(Task directions): Scan the records below. Copy every line in which the word "refl" appears.

Saved entries:
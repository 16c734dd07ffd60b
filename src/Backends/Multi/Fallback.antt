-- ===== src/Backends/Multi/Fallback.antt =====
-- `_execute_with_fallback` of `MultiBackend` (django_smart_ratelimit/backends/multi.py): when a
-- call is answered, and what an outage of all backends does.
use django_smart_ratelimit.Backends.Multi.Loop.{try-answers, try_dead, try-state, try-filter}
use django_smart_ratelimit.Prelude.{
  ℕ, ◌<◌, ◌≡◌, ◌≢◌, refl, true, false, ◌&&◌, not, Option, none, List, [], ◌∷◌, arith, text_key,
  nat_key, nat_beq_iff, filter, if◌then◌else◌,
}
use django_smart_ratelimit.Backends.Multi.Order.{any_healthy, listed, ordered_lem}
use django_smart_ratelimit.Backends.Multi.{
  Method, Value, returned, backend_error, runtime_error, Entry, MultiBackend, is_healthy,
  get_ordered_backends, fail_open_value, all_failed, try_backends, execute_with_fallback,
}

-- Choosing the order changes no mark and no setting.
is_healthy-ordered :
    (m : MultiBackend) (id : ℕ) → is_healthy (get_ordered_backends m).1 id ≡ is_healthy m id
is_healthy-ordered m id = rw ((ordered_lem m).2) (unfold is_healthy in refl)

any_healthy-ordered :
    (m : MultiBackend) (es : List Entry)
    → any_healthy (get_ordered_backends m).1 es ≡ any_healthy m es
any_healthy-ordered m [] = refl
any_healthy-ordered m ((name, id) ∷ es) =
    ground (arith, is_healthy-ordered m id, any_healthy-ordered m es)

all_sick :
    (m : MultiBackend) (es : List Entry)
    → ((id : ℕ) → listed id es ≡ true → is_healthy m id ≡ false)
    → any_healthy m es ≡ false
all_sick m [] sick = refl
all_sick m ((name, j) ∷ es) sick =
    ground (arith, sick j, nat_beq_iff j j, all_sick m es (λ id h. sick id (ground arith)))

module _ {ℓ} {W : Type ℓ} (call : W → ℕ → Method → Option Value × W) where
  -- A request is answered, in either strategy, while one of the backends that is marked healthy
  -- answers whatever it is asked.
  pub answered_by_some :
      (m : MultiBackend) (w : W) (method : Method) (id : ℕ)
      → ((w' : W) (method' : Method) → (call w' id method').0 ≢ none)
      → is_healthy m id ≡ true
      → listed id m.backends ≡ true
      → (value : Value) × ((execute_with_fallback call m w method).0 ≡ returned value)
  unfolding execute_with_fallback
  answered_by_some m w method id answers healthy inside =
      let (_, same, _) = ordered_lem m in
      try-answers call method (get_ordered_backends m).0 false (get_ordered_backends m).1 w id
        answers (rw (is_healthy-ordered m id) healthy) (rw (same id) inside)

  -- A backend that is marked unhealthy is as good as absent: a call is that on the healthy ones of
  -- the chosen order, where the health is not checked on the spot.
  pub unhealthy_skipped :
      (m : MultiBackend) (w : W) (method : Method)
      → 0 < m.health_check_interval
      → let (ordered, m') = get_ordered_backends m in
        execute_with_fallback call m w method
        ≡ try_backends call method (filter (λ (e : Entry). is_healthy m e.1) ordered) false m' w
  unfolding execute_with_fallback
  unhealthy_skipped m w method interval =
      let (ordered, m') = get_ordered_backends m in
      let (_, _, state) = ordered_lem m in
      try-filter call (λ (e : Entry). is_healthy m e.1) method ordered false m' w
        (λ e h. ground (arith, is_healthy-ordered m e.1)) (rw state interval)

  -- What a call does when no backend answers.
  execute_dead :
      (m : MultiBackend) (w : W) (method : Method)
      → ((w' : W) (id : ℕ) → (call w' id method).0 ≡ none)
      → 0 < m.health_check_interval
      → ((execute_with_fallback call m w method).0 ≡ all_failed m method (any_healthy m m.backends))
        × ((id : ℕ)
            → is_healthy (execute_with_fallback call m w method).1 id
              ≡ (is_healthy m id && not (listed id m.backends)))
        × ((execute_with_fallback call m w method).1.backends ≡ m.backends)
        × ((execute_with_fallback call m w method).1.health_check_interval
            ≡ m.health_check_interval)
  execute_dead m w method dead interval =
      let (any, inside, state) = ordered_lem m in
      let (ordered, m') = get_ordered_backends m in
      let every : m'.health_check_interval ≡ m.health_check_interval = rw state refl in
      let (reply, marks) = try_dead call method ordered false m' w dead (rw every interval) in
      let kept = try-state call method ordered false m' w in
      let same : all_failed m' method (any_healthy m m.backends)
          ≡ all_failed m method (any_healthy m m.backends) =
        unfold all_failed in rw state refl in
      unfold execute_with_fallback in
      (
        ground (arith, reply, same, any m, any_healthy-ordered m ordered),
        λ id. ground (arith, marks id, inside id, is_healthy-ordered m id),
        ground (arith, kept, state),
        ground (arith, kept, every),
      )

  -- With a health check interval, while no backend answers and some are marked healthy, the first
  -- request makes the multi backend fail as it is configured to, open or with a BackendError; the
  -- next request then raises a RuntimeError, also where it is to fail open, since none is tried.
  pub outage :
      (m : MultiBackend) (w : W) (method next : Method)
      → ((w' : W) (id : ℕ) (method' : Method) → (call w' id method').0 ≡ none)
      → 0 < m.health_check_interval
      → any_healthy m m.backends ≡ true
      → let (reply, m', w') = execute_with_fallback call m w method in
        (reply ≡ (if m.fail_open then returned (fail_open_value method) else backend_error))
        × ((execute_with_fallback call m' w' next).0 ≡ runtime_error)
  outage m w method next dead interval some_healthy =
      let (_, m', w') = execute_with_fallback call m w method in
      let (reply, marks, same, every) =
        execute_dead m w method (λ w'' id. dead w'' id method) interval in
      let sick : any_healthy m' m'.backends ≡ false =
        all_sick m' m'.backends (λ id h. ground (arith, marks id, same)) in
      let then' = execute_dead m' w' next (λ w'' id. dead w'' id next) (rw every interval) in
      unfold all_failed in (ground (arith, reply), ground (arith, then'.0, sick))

(Response to the exercise):
  ℕ, ◌<◌, ◌≡◌, ◌≢◌, refl, true, false, ◌&&◌, not, Option, none, List, [], ◌∷◌, arith, text_key,
is_healthy-ordered m id = rw ((ordered_lem m).2) (unfold is_healthy in refl)
any_healthy-ordered m [] = refl
all_sick m [] sick = refl
      let every : m'.health_check_interval ≡ m.health_check_interval = rw state refl in
        unfold all_failed in rw state refl in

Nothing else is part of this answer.